With the passing of Senate Bill 129 prohibiting diversity, equity and inclusion (DEI) programs, many state colleges and agencies are scrambling to adjust their policies before the ban goes into effect in October.

However, Gadsden Mayor Craig Ford, who created the city's first director of diversity, equity and inclusion position after being elected in 2022, isn't concerned about the bill and has no intention of changing how his administration operates.

"To paraphrase Rhett Butler: Frankly, I don't give a damn about that bill," he told 1819 News. "It doesn't improve the life of a single citizen in my city. Gadsden residents want their roads fixed, their streets cleaned, and a whisper of hope about their economic future and quality of life."

Despite having DEI in the title, Ford said the bill did not address the DEI director position, currently held by Ruth Moffatt.

"Nothing in that law applies to Mrs. Moffatt's position, which confirms that the fly-by-night political consultants behind it have no idea what they are talking about," he said. "So far, Mrs. Moffatt's work has been focused on serving veterans, children with disabilities, senior citizens, mothers, infants, and entrepreneurs, to name a few."

Moffatt said in a statement to 1819 News that her position is "all about helping take care of Gadsden's vulnerable populations."

She said, "I work with the City's Community Development Department, the Gadsden Transit Services, the Gadsden-Etowah Emergency Management Agency, the Family Success Center, the Gadsden Museum of Art and History, the City's Cemeteries, the Municipal Court, and more."

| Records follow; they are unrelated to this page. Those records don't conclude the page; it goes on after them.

-- ===== src/Keys/Addresses.antt =====
-- Which addresses a key manager signs for.
use rif_relay_server.Base.{
  ℕ, zero, suc, ◌+◌, ◌≡◌, ◌≤◌, ◌<◌, ◌≢◌, ◌⊎◌, ◌↔◌, inl, inr, refl, sym, ap, ◌∙◌, true, false, some,
  [], ◌∷◌, Text, eq_text, eq_text_iff, arith, Bool-cases,
}
use rif_relay_server.Keys.{Keys, key_for, assign_key, generate_from, generate_keys, is_signer}

ne_of_false : (a b : Text) → eq_text a b ≡ false → a ≢ b
ne_of_false a b h q = let k = sym h ∙ (eq_text_iff a b).1 q in cc

key_for-assign_key :
    (a key b : Text) (ks : Keys)
    → ((a ≡ b) × (key_for b (assign_key a key ks) ≡ some key))
      ⊎ ((a ≢ b) × (key_for b (assign_key a key ks) ≡ key_for b ks))
key_for-assign_key a key b [] = elim (Bool-cases (eq_text a b)) [
  | inl e ↦ inl ((eq_text_iff a b).0 e, rw e refl)
  | inr e ↦ inr (ne_of_false a b e, rw e refl)
]
key_for-assign_key a key b ((x, old) ∷ ks) = elim (Bool-cases (eq_text x a)) [
  | inl same ↦
      let q : x ≡ a = (eq_text_iff x a).0 same in
      elim (Bool-cases (eq_text a b)) [
        | inl e ↦ inl ((eq_text_iff a b).0 e, rw (same, e) refl)
        | inr e ↦ inr (ne_of_false a b e, rw same (rw e (rw q (rw e refl))))
      ]
  | inr differs ↦ elim (Bool-cases (eq_text x b)) [
    | inl e ↦
        let q : x ≡ b = (eq_text_iff x b).0 e in
        inr (λ h. ne_of_false x a differs (q ∙ sym h), rw differs (rw e refl))
    | inr e ↦ elim (key_for-assign_key a key b ks) [
      | inl (h, k) ↦ inl (h, rw differs (rw e k))
      | inr (h, k) ↦ inr (h, rw differs (rw e k))
    ]
  ]
]

is_signer-assign_key :
    (a key b : Text) (ks : Keys)
    → (is_signer (assign_key a key ks) b ≡ true) ↔ ((is_signer ks b ≡ true) ⊎ (a ≡ b))
unfolding is_signer
is_signer-assign_key a key b ks = elim (key_for-assign_key a key b ks) [
  | inl (h, k) ↦ (λ _. inr h, λ _. rw k refl)
  | inr (h, k) ↦ (λ m. inl (rw k at m), λ m. elim m [ inl l ↦ rw k l | inr same ↦ absurd (h same) ])
]

-- The addresses of the rounds that are left, and those of before, are the ones signed for.
generate_from_lem :
    (derive_path : ℕ → Text × Text) (index left : ℕ) (ks : Keys) (a : Text)
    → (is_signer (generate_from derive_path index left ks) a ≡ true) ↔ (
        (is_signer ks a ≡ true)
        ⊎ ((i : ℕ) × (index ≤ i) × (i < index + left) × ((derive_path i).0 ≡ a)))
unfolding generate_from
generate_from_lem derive_path index zero ks a =
    (λ h. inl h, λ m. elim m [ inl h ↦ h | inr (i, l, u, q) ↦ absurd (omega arith) ])
generate_from_lem derive_path index (suc left) ks a =
    let (x, key) = derive_path index in
    let (to, from) = generate_from_lem derive_path (index + 1) left (assign_key x key ks) a in
    let (split, join) = is_signer-assign_key x key a ks in
    (
      λ h. elim (to h) [
        | inl l ↦ elim (split l) [
          | inl k ↦ inl k
          | inr same ↦ inr (index, omega arith, omega arith, same)
        ]
        | inr (i, l, u, q) ↦ inr (i, omega arith, omega arith, q)
      ],
      λ m. elim m [
        | inl h ↦ from (inl (join (inl h)))
        | inr (i, l, u, q) ↦ elim (same_or_past index i l) [
          | inl same ↦ from (inl (join (inr (ap (λ j. (derive_path j).0) same ∙ q))))
          | inr past ↦ from (inr (i, past, omega arith, q))
        ]
      ],
    )
  where
    same_or_past : (a k : ℕ) → a ≤ k → (a ≡ k) ⊎ (a + 1 ≤ k)
    same_or_past a k h = ground arith

no_key : (a : Text) → is_signer [] a ≡ true → ⊥
unfolding is_signer
no_key a h = cc

-- A key manager signs for exactly the addresses that its seed derives at the indices below its
-- count.
pub is_signer-generate_keys :
    (derive_path : ℕ → Text × Text) (count : ℕ) (a : Text)
    → (is_signer (generate_keys derive_path count) a ≡ true)
      ↔ ((i : ℕ) × (i < count) × ((derive_path i).0 ≡ a))
unfolding generate_keys
is_signer-generate_keys derive_path count a =
    let (to, from) = generate_from_lem derive_path 0 count [] a in
    (
      λ h. elim (to h) [
        | inl none_yet ↦ absurd (no_key a none_yet)
        | inr (i, l, u, q) ↦ (i, omega (arith, u), q)
      ],
      λ (i, u, q). from (inr (i, omega arith, omega (arith, u), q)),
    )
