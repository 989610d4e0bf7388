-- ===== src/Keys/Signed.antt =====
-- What `signTransaction` of src/KeyManager.ts returns.
use rif_relay_server.Base.{◌≡◌, sym, ◌∙◌, ap, some, Text, inl, inr, Option-cases}
use rif_relay_server.Stored.{PopulatedTransaction}
use rif_relay_server.Outcome.{ok}
use rif_relay_server.Keys.{
  Keys, Wallets, SignedTransactionDetails, key_for, get_wallet, sign_transaction,
}

-- The transaction was signed with the key of the address, and the hash is that of its raw form.
pub record IsSigned (wallets : Wallets) (ks : Keys) (address : Text) (utx : PopulatedTransaction)
    (signed : SignedTransactionDetails) : Type 0 where
  pub key : Text
  pub managed : key_for address ks ≡ some key
  pub signs : wallets.sign key utx ≡ some signed.signed_tx
  pub hashed : signed.tx_hash ≡ wallets.keccak256 signed.signed_tx

pub sign_transaction-IsSigned :
    (wallets : Wallets) (ks : Keys) (address : Text) (utx : PopulatedTransaction)
    (signed : SignedTransactionDetails)
    → sign_transaction wallets ks address utx ≡ ok signed
    → IsSigned wallets ks address utx signed
unfolding sign_transaction
sign_transaction-IsSigned wallets ks address utx signed e =
    elim (Option-cases (key_for address ks)) [
      | inl unknown ↦ let f = (rw (unknown, sign_transaction, get_wallet) at e) in cc
      | inr (key, managed) ↦ elim (Option-cases (wallets.sign key utx)) [
        | inl refused ↦ let f = (rw (managed, refused, sign_transaction, get_wallet) at e) in cc
        | inr (raw, signs) ↦
            let f = (rw (managed, signs, sign_transaction, get_wallet) at e) in
            let same : record { tx_hash = wallets.keccak256 raw; signed_tx = raw } ≡ signed = cc in
            record {
              key = key;
              managed = managed;
              signs = signs ∙ ap (λ s. some s.signed_tx) same;
              hashed =
                  sym (ap (λ s. s.tx_hash) same) ∙ ap (λ s. wallets.keccak256 s.signed_tx) same;
            }
      ]
    ]
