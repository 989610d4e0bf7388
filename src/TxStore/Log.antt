-- ===== src/TxStore/Log.antt =====
-- A database that meets `Nedb`: an append-only log, in which the last write of a key counts.
use rif_relay_server.Base.{
  ◌≡◌, ◌≢◌, ◌⊎◌, inl, inr, refl, sym, ap, ◌∙◌, Bool, true, false, not, Option, none, some, List, [],
  ◌∷◌, In, find, filter, mem-filter, mem_of_filter, is_some, arith, Bool-cases, Option-cases,
  if◌then◌else◌,
}
use rif_relay_server.Stored.{
  NonceSigner, StoredTransaction, eq_key, eq_key_iff, has_key, has_key_iff,
}
use rif_relay_server.TxStore.{Nedb, keep_unless}

abbrev pub Log : Type 0
Log = List StoredTransaction

abbrev pub log_at : NonceSigner → Log → Option StoredTransaction
log_at k s = find (has_key k) s

abbrev pub log_insert : StoredTransaction → Log → Option Log
log_insert x s = elim x.nonce_signer [
  | none ↦ none
  | some k ↦ if is_some (log_at k s) then none else some (x ∷ s)
]

abbrev pub other_key : NonceSigner → StoredTransaction → Bool
other_key k x = not (has_key k x)

-- The last writes that pass a test.
abbrev pub keep : Bool → Option NonceSigner → StoredTransaction → Log → Log
keep b none x rest = rest
keep true (some k) x rest = x ∷ filter (other_key k) rest
keep false (some k) x rest = filter (other_key k) rest

abbrev pub latest : (StoredTransaction → Bool) → Log → Log
latest p [] = []
latest p (x ∷ s) = keep (p x) x.nonce_signer x (latest p s)

log_at-cons :
    (k j : NonceSigner) (x : StoredTransaction) (s : Log)
    → x.nonce_signer ≡ some k
    → log_at j (x ∷ s) ≡ (if eq_key k j then some x else log_at j s)
log_at-cons k j x s e = rw (e, has_key) refl

log_at-cons_none :
    (j : NonceSigner) (x : StoredTransaction) (s : Log)
    → x.nonce_signer ≡ none
    → log_at j (x ∷ s) ≡ log_at j s
log_at-cons_none j x s e = rw (e, has_key) refl

pub log_at-key :
    (k : NonceSigner) (s : Log) {x : StoredTransaction}
    → log_at k s ≡ some x
    → x.nonce_signer ≡ some k
log_at-key k [] e = cc
log_at-key k (y ∷ s) {x} e = elim (Bool-cases (has_key k y)) [
  | inl h ↦ let same : y ≡ x = ground arith in rw (← same) ((has_key_iff k y).0 h)
  | inr h ↦ log_at-key k s {x = x} (ground arith)
]

log_at-filter :
    (k j : NonceSigner) (s : Log)
    → log_at j (filter (other_key k) s) ≡ (if eq_key k j then none else log_at j s)
log_at-filter k j [] = ground arith
log_at-filter k j (x ∷ s) =
    ground (arith, log_at-filter k j s, has_key_iff k x, has_key_iff j x, eq_key_iff k j)

log_at-keep :
    (b : Bool) (o : Option NonceSigner) (x : StoredTransaction) (s rest : Log) (j : NonceSigner)
    (p : StoredTransaction → Bool)
    → x.nonce_signer ≡ o
    → b ≡ not (p x)
    → log_at j rest ≡ keep_unless p (log_at j s)
    → log_at j (keep b o x rest) ≡ keep_unless p (log_at j (x ∷ s))
log_at-keep b none x s rest j p e f h = rw (log_at-cons_none j x s e) h
log_at-keep true (some k) x s rest j p e f h =
    let split : (if eq_key k j then some x else (if eq_key k j then none else log_at j rest))
        ≡ keep_unless p (if eq_key k j then some x else log_at j s) =
      ground arith in
    log_at-cons k j x (filter (other_key k) rest) e
    ∙ ap (λ o. if eq_key k j then some x else o) (log_at-filter k j rest)
    ∙ split
    ∙ ap (keep_unless p) (sym (log_at-cons k j x s e))
log_at-keep false (some k) x s rest j p e f h =
    let split : (if eq_key k j then none else log_at j rest)
        ≡ keep_unless p (if eq_key k j then some x else log_at j s) =
      ground arith in
    log_at-filter k j rest ∙ split ∙ ap (keep_unless p) (sym (log_at-cons k j x s e))

log_at-latest :
    (p : StoredTransaction → Bool) (s : Log) (j : NonceSigner)
    → log_at j (latest (λ y. not (p y)) s) ≡ keep_unless p (log_at j s)
log_at-latest p [] j = refl
log_at-latest p (x ∷ s) j =
    log_at-keep (not (p x)) x.nonce_signer x s (latest (λ y. not (p y)) s) j p refl refl
      (log_at-latest p s j)

mem-keep :
    (b : Bool) (o : Option NonceSigner) (x y : StoredTransaction) (rest : Log)
    → x.nonce_signer ≡ o
    → In y (keep b o x rest)
    → ((y ≡ x) × (b ≡ true) × ((k : NonceSigner) × (o ≡ some k)))
      ⊎ (In y rest × ((k : NonceSigner) → o ≡ some k → has_key k y ≡ false))
mem-keep b none x y rest e m = inr (m, λ k f. cc)
mem-keep true (some k) x y rest e (inl q) = inl (q, refl, (k, refl))
mem-keep true (some k) x y rest e (inr m) =
    let (n, q) = mem-filter (other_key k) rest y m in
    inr (n, λ j f. let same : k ≡ j = cc in rw (← same) (ground arith))
mem-keep false (some k) x y rest e m =
    let (n, q) = mem-filter (other_key k) rest y m in
    inr (n, λ j f. let same : k ≡ j = cc in rw (← same) (ground arith))

log_at_self :
    (k : NonceSigner) (x : StoredTransaction) (s : Log)
    → x.nonce_signer ≡ some k
    → log_at k (x ∷ s) ≡ some x
log_at_self k x s e = log_at-cons k k x s e ∙ rw ((eq_key_iff k k).1 refl) refl

pub latest_sound :
    (p : StoredTransaction → Bool) (s : Log) (y : StoredTransaction)
    → In y (latest p s)
    → (p y ≡ true) × ((k : NonceSigner) × (log_at k s ≡ some y))
latest_sound p [] y m = absurd m
latest_sound p (x ∷ s) y m = elim (mem-keep (p x) x.nonce_signer x y (latest p s) refl m) [
  | inl (q, passes, (k, e)) ↦ (rw q passes, (k, rw q (log_at_self k x s e)))
  | inr (n, differs) ↦
      let (passes, (k, at)) = latest_sound p s y n in
      (
        passes,
        (
          k,
          elim (Bool-cases (has_key k x)) [
            | inl h ↦
                let no_match = differs k ((has_key_iff k x).0 h) in
                let is_match = (has_key_iff k y).1 (log_at-key k s at) in cc
            | inr h ↦ rw h at
          ],
        ),
      )
]

mem_of_keep_head :
    (b : Bool) (o : Option NonceSigner) (k : NonceSigner) (x y : StoredTransaction) (rest : Log)
    → b ≡ true
    → o ≡ some k
    → y ≡ x
    → In y (keep b o x rest)
mem_of_keep_head true (some j) k x y rest e f q = inl q
mem_of_keep_head true none k x y rest e f q = cc
mem_of_keep_head false o k x y rest e f q = cc

mem_of_keep_rest :
    (b : Bool) (o : Option NonceSigner) (x y : StoredTransaction) (rest : Log)
    → In y rest
    → ((j : NonceSigner) → o ≡ some j → has_key j y ≡ false)
    → In y (keep b o x rest)
mem_of_keep_rest b none x y rest m h = m
mem_of_keep_rest true (some j) x y rest m h =
    inr (mem_of_filter (other_key j) rest y m (rw (h j refl) refl))
mem_of_keep_rest false (some j) x y rest m h =
    mem_of_filter (other_key j) rest y m (rw (h j refl) refl)

key_differs :
    (k j : NonceSigner) (x y : StoredTransaction)
    → has_key k x ≡ false
    → x.nonce_signer ≡ some j
    → y.nonce_signer ≡ some k
    → has_key j y ≡ false
key_differs k j x y q f g = elim (Bool-cases (has_key j y)) [
  | inr h ↦ h
  | inl h ↦
      let same : some k ≡ some j = sym g ∙ (has_key_iff j y).0 h in
      let contra = (has_key_iff k x).1 (f ∙ sym same) in cc
]

pub latest_complete :
    (p : StoredTransaction → Bool) (s : Log) (k : NonceSigner) (y : StoredTransaction)
    → log_at k s ≡ some y
    → p y ≡ true
    → In y (latest p s)
latest_complete p [] k y e h = cc
latest_complete p (x ∷ s) k y e h = elim (Bool-cases (has_key k x)) [
  | inl q ↦
      let same : y ≡ x = ground arith in
      mem_of_keep_head (p x) x.nonce_signer k x y (latest p s) (rw (← same) h)
        ((has_key_iff k x).0 q) same
  | inr q ↦
      let at : log_at k s ≡ some y = ground arith in
      mem_of_keep_rest (p x) x.nonce_signer x y (latest p s) (latest_complete p s k y at h)
        (λ j f. key_differs k j x y q f (log_at-key k s at))
]

pub log_insert_free :
    (x : StoredTransaction) (k : NonceSigner) (s : Log)
    → x.nonce_signer ≡ some k
    → log_at k s ≡ none
    → log_insert x s ≡ some (x ∷ s)
log_insert_free x k s f free = rw (f, free) refl

pub log_insert_unique :
    (x : StoredTransaction) (k : NonceSigner) (s : Log)
    → x.nonce_signer ≡ some k
    → log_at k s ≢ none
    → log_insert x s ≡ none
log_insert_unique x k s f taken = elim (Option-cases (log_at k s)) [
  | inl free ↦ absurd (taken free)
  | inr (old, e) ↦ rw (f, e) refl
]

pub log_insert-at :
    (x : StoredTransaction) (k : NonceSigner) (s t : Log) (j : NonceSigner)
    → log_insert x s ≡ some t
    → x.nonce_signer ≡ some k
    → log_at j t ≡ (if eq_key k j then some x else log_at j s)
log_insert-at x k s t j e f = elim (Option-cases (log_at k s)) [
  | inl free ↦
      let same : x ∷ s ≡ t = let f' = sym (log_insert_free x k s f free) ∙ e in cc in
      rw (← same) (log_at-cons k j x s f)
  | inr (old, taken) ↦
      let f' = sym (log_insert_unique x k s f (λ g. let h = sym taken ∙ g in cc)) ∙ e in cc
]

pub log_update-at :
    (old x : StoredTransaction) (k : NonceSigner) (s t : Log) (j : NonceSigner)
    → log_at k s ≡ some old
    → x.nonce_signer ≡ some k
    → some (x ∷ s) ≡ some t
    → log_at j t ≡ (if eq_key k j then some x else log_at j s)
log_update-at old x k s t j e f g = let same : x ∷ s ≡ t = cc in rw (← same) (log_at-cons k j x s f)

pub log_remove-at :
    (p : StoredTransaction → Bool) (s t : Log) (j : NonceSigner)
    → some (latest (λ y. not (p y)) s) ≡ some t
    → log_at j t ≡ keep_unless p (log_at j s)
log_remove-at p s t j e =
    let same : latest (λ y. not (p y)) s ≡ t = cc in rw (← same) (log_at-latest p s j)

-- The log as a database.
abbrev pub log_db : Nedb Log
log_db = record {
  at = log_at;
  find_one = find;
  find_all = latest;
  insert = log_insert;
  update = λ id x s. some (x ∷ s);
  remove = λ p s. some (latest (λ y. not (p y)) s);
  at_key = λ k s e. log_at-key k s e;
  find_one_at = λ k s. refl;
  find_all_sound = latest_sound;
  find_all_complete = latest_complete;
  insert_at = log_insert-at;
  insert_unique = log_insert_unique;
  update_at = log_update-at;
  remove_at = log_remove-at;
}
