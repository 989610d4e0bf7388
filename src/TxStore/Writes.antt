-- ===== src/TxStore/Writes.antt =====
-- What `putTx` and `removeTxsUntilNonce` leave in the store, on every path.
use rif_relay_server.Base.{
  sym, ◌∙◌, ◌≡◌, refl, Bool, true, false, Option, none, some, if◌then◌else◌, Bool-cases,
  Option-cases, inl, inr,
}
use rif_relay_server.Stored.{NonceSigner, StoredTransaction, has_key, eq_key}
use rif_relay_server.Outcome.{unique_violated, Outcome, ok, err}
use rif_relay_server.TxStore.{Nedb, put_tx, put_over, written, is_valid_tx, key_of, stamp}

module _ {Store : Type 0} (db : Nedb Store) where
  -- A successful write put `tx` at its key and nothing anywhere else; a failed one wrote nothing.
  abbrev pub Writes : StoredTransaction → Store → Outcome (Unit {0}) × Store → Type 0
  Writes tx s (ok _, t) =
      (is_valid_tx tx ≡ true)
      × ((j : NonceSigner)
          → db.at j t ≡ (if eq_key (key_of tx) j then some (stamp tx) else db.at j s))
  Writes tx s (err _, t) = t ≡ s

  written_insert-Writes :
      (tx : StoredTransaction) (s : Store)
      → is_valid_tx tx ≡ true
      → Writes tx s (written db (db.insert (stamp tx) s) s)
  written_insert-Writes tx s v = elim (Option-cases (db.insert (stamp tx) s)) [
    | inl e ↦ rw e refl
    | inr (t, e) ↦ rw e (v, λ j. db.insert_at (stamp tx) (key_of tx) s t j e refl)
  ]

  written_update-Writes :
      (tx old : StoredTransaction) (s : Store)
      → is_valid_tx tx ≡ true
      → db.at (key_of tx) s ≡ some old
      → Writes tx s (written db (db.update old.tx_id (stamp tx) s) s)
  written_update-Writes tx old s v found = elim (Option-cases (db.update old.tx_id (stamp tx) s)) [
    | inl e ↦ rw e refl
    | inr (t, e) ↦ rw e (v, λ j. db.update_at old (stamp tx) (key_of tx) s t j found refl e)
  ]

  put_over-Writes :
      (o : Option StoredTransaction) (tx : StoredTransaction) (b : Bool) (s : Store)
      → is_valid_tx tx ≡ true
      → db.at (key_of tx) s ≡ o
      → Writes tx s (put_over db o (stamp tx) b s)
  put_over-Writes none tx b s v found = written_insert-Writes tx s v
  put_over-Writes (some old) tx false s v found = written_insert-Writes tx s v
  put_over-Writes (some old) tx true s v found = written_update-Writes tx old s v found

  -- However `putTx` ends: a success found the transaction valid, and put it, stamped with its key, at
  -- that key and nothing anywhere else; a failure left the store as it was.
  pub put_tx-Writes :
      (tx : StoredTransaction) (b : Bool) (s : Store) → Writes tx s (put_tx db tx b s)
  unfolding put_tx
  put_tx-Writes tx b s = elim (Bool-cases (is_valid_tx tx)) [
    | inl v ↦ rw v (
        put_over-Writes (db.find_one (has_key (key_of tx)) s) tx b s v
          (rw (db.find_one_at (key_of tx) s) refl))
    | inr v ↦ rw v refl
  ]

  -- A write without leave to update fails where the key is taken already, and changes nothing.
  pub put_tx-taken :
      (tx old : StoredTransaction) (s : Store)
      → is_valid_tx tx ≡ true
      → db.at (key_of tx) s ≡ some old
      → put_tx db tx false s ≡ (err unique_violated, s)
  unfolding put_tx
  put_tx-taken tx old s v taken =
      rw (v, db.find_one_at (key_of tx) s, taken)
        (rw (db.insert_unique (stamp tx) (key_of tx) s refl (λ e. let f = sym taken ∙ e in cc))
          refl)

  -- So a successful one found its key free.
  pub put_tx-free :
      (tx : StoredTransaction) (s t : Store)
      → put_tx db tx false s ≡ (ok tt, t)
      → (db.at (key_of tx) s ≡ none)
        × (is_valid_tx tx ≡ true)
        × ((j : NonceSigner)
            → db.at j t ≡ (if eq_key (key_of tx) j then some (stamp tx) else db.at j s))
  put_tx-free tx s t e =
      let done : Writes tx s (ok tt, t) = rw e at (put_tx-Writes tx false s) in
      elim (Option-cases (db.at (key_of tx) s)) [
        | inl free ↦ (free, done.0, done.1)
        | inr (old, taken) ↦ let f = sym (put_tx-taken tx old s done.0 taken) ∙ e in cc
      ]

Among the many projects she's worked on since being the first person to hold the position, she listed providing access to free public transit to veterans, erecting playgrounds and ballfields for children with disabilities, paving the roads and streets of low-to-moderate income neighborhoods, installing Alabama's third Safe Haven Baby Box, adding new mental health services through our municipal court, supporting training for first responders to help prevent human trafficking and abuse, and holding outside agencies accountable and fiscally responsible for their use of taxpayer funds.

"You see, there are many types of diversity and many ways to describe diversity," she said. "All of the things I've worked on and am working on involve facilitating the community's resources for optimum access to quality of life, particularly for residents most in need. That's diversity. The citizens who have benefited from my work, through the vision of Mayor Ford and the Gadsden City Council, benefitted because they are now more included in their city's future. That's inclusion.

"At their greatest time of need, they were offered a little support that recognized they mattered to their city. That's equity… [T]he City of Gadsden does not engage in the activities outlined in this new law, nor do we intend to. So, we will continue to comply with all applicable laws while serving the citizens of Gadsden to the best of our ability."

Mayor Ford made it clear neither Moffatt nor the DEI director position would be going anywhere regardless of the new law.

"If these citizens are the ones state lawmakers want us to stop serving, they can come up here to Gadsden and tell them to their faces why they don't matter as much as scoring headlines or political pandering," he said. "I'll be sure to have the cameras rolling! Until then, Mrs. Moffatt's work is working for Gadsden, and as long as that is the case, she will have a spot on my team."